Bruin Notes Quarterback Matt Stevens isn’t as sold on Sooner linebacker Brian Bosworth as a lot of other people apparently are. “There are two guys in our conference who are just as good--Byron Evans (of Arizona) and Hardy Nickerson (of California),” Stevens said. “(Bosworth) is just getting so much publicity and talks so much, it sounds like he’ll have about 35 tackles, 4 sacks and 9 assists against us. We’ll just have to see.” And this on Bosworth from UCLA linebacker Ken Norton Jr.: “He’s kinda’ weird. A lot of people say he’s a great player. I hope he’s as good a player as everybody says he is or he might be pretty disappointed.”

Four Bruins, none of them starters, will miss the game because of injuries, the coaches say. They are fullback Marcus Greenwood, offensive guard Mark Schmidt, and inside linebackers Adam Hutchins and Craig Davis.
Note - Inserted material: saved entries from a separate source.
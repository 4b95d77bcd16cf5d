-- ===== src/Spaces/Seeds/Drafts.antt =====
-- The rows that `prepareSeedRecords` collects before their references are resolved.
use gomer.Base.{
  ℕ, suc, ◌+◌, ◌≤◌, ◌≡◌, refl, Option, none, some, List, [], ◌∷◌, All, All-append, arith, length,
  length-append, sum_of,
}
use gomer.Base.Text.{String}
use gomer.Spaces.Json.{Value, null, arr, obj, Numbers, items}
use gomer.Spaces.Checks.{array_of}
use gomer.Spaces.Records.{
  EntitySpec, RecordResult, cleaned, invalid, not_an_object, type_error, validate_record_data,
}
use gomer.Spaces.Records.Entries.{Conforms}
use gomer.Spaces.Records.Conforms.{validate_record_data-Conforms}
use gomer.Spaces.Seeds.{
  SeedRecord, SeedDraft, RowPlace, entity_named, add_cleaned, with_known, unknown_keys, add_row,
  add_rows, add_for, add_entities, row_count,
}

module _ (numbers : Numbers) (uuid : ℕ → String) (lower : String → String)
    (es : List EntitySpec) where
  open numbers use {Num}

  -- A row of one of the entities, which conforms to it.
  abbrev pub IsKnown : SeedRecord Num → Type 0
  IsKnown row =
      (entity : EntitySpec) × (entity_named es row.entity_name ≡ some entity)
      × Conforms entity.fields row.fields

  abbrev pub AreKnown : SeedDraft Num → Type 0
  AreKnown d = All (λ seed. IsKnown seed.0) d.seeds

  -- From one draft to a later one, with a number of rows more at the most.
  abbrev pub Grows : ℕ → SeedDraft Num → SeedDraft Num → Type 0
  Grows n d d' = (length d'.seeds ≤ length d.seeds + n) × (AreKnown d → AreKnown d')

  add_cleaned-Grows :
      (at : RowPlace) (entity : EntitySpec) (r : RecordResult numbers) (d : SeedDraft Num)
      → entity_named es at.0 ≡ some entity
      → ((c : List (String × Value Num)) → r ≡ cleaned c → Conforms entity.fields c)
      → Grows 1 d (add_cleaned numbers uuid lower at r d)
  add_cleaned-Grows at entity (cleaned []) d there fits = (omega arith, λ h. h)
  add_cleaned-Grows at entity (cleaned (x ∷ xs)) d there fits = (
    omega (arith, length-append d.seeds ((_, at) ∷ [])),
    λ h. All-append _ d.seeds _ h ((entity, there, fits (x ∷ xs) refl), tt),
  )
  add_cleaned-Grows at entity (invalid errors) d there fits = (omega arith, λ h. h)
  add_cleaned-Grows at entity not_an_object d there fits = (omega arith, λ h. h)
  add_cleaned-Grows at entity type_error d there fits = (omega arith, λ h. h)

  with_known-Grows :
      (keys : List String) (at : RowPlace) (d d' : SeedDraft Num)
      → Grows 1 d d'
      → Grows 1 d (with_known numbers uuid lower keys at d' d)
  with_known-Grows [] at d d' h = h
  with_known-Grows (k ∷ ks) at d d' h = (omega arith, λ x. x)

  add_row-Grows :
      (entity : EntitySpec) (at : RowPlace) (v : Value Num) (d : SeedDraft Num)
      → entity_named es at.0 ≡ some entity
      → Grows 1 d (add_row numbers uuid lower entity at v d)
  unfolding add_row
  add_row-Grows entity at (obj ps) d there =
      with_known-Grows (unknown_keys numbers uuid lower entity ps) at d _ (
        add_cleaned-Grows at entity (validate_record_data numbers entity (obj ps)) d there
          (validate_record_data-Conforms numbers entity (obj ps)))
  add_row-Grows entity at null d there = (omega arith, λ h. h)
  add_row-Grows entity at _ d there = (omega arith, λ h. h)

  add_rows-Grows :
      (entity : EntitySpec) (name : String) (i : ℕ) (vs : List (Value Num)) (d : SeedDraft Num)
      → entity_named es name ≡ some entity
      → Grows (length vs) d (add_rows numbers uuid lower entity name i vs d)
  unfolding add_rows
  add_rows-Grows entity name i [] d there = (omega arith, λ h. h)
  add_rows-Grows entity name i (v ∷ vs) d there =
      let first = add_row-Grows entity (name, i) v d there in
      let rest =
        add_rows-Grows entity name (suc i) vs (add_row numbers uuid lower entity (name, i) v d)
          there in
      (omega (arith, first.0, rest.0), λ h. rest.1 (first.1 h))

  add_for-Grows :
      (name : String) (o : Option EntitySpec) (v : Value Num) (d : SeedDraft Num)
      → entity_named es name ≡ o
      → Grows (row_count v) d (add_for numbers uuid lower name o v d)
  unfolding array_of
  add_for-Grows name none v d there = (omega arith, λ h. h)
  add_for-Grows name (some entity) (arr vs) d there =
      add_rows-Grows entity name 0 (items vs) d there
  add_for-Grows name (some entity) _ d there = (omega arith, λ h. h)

  pub add_entities-Grows :
      (entries : List (String × Value Num)) (d : SeedDraft Num)
      → Grows
          (sum_of (λ entry. row_count entry.1) entries)
          d
          (add_entities numbers uuid lower es entries d)
  unfolding add_entities
  add_entities-Grows [] d = (omega arith, λ h. h)
  add_entities-Grows ((name, v) ∷ rest) d =
      let first = add_for-Grows name (entity_named es name) v d refl in
      let later =
        add_entities-Grows rest (add_for numbers uuid lower name (entity_named es name) v d) in
      (omega (arith, first.0, later.0), λ h. later.1 (first.1 h))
The Sooners are saying that only one player is definitely out, senior defensive back Tony Rayburn. Nose guard Curtice Williams, who missed some practice time with a knee injury, is now healthy and will play, although he may not start.

The Sooners and Bruins have never played one another. A rematch is scheduled Sept. 8, 1990, at the Rose Bowl. . . . They have about the same records against one another’s conference. Oklahoma is 14-7-1 against the Pac-10, which includes a 2-3-1 mark against USC. Sooner Coach Barry Switzer, however, is only 4-3-1 against the Pac-10. The Bruins are 14-5-1 against Big Eight teams, and UCLA Coach Terry Donahue is 5-2.

A sellout crowd of 75,004 is expected for the game. . . . Donahue said the wishbone’s comeback in the last few years can be traced to a number of different sets that weren’t used in the formation before. “It was like a dinosaur,” he said. “It had died and dried up. It’s come back to life, but it’s a new wishbone.” The changes include a departure from the original set of three backs, a tight end and a split end. Now, the wishbone can also employ two split ends and two tight ends. The plays have changed, too, Donahue said, with a combination of sweeps and off-tackle plays, double-isolation plays and traps.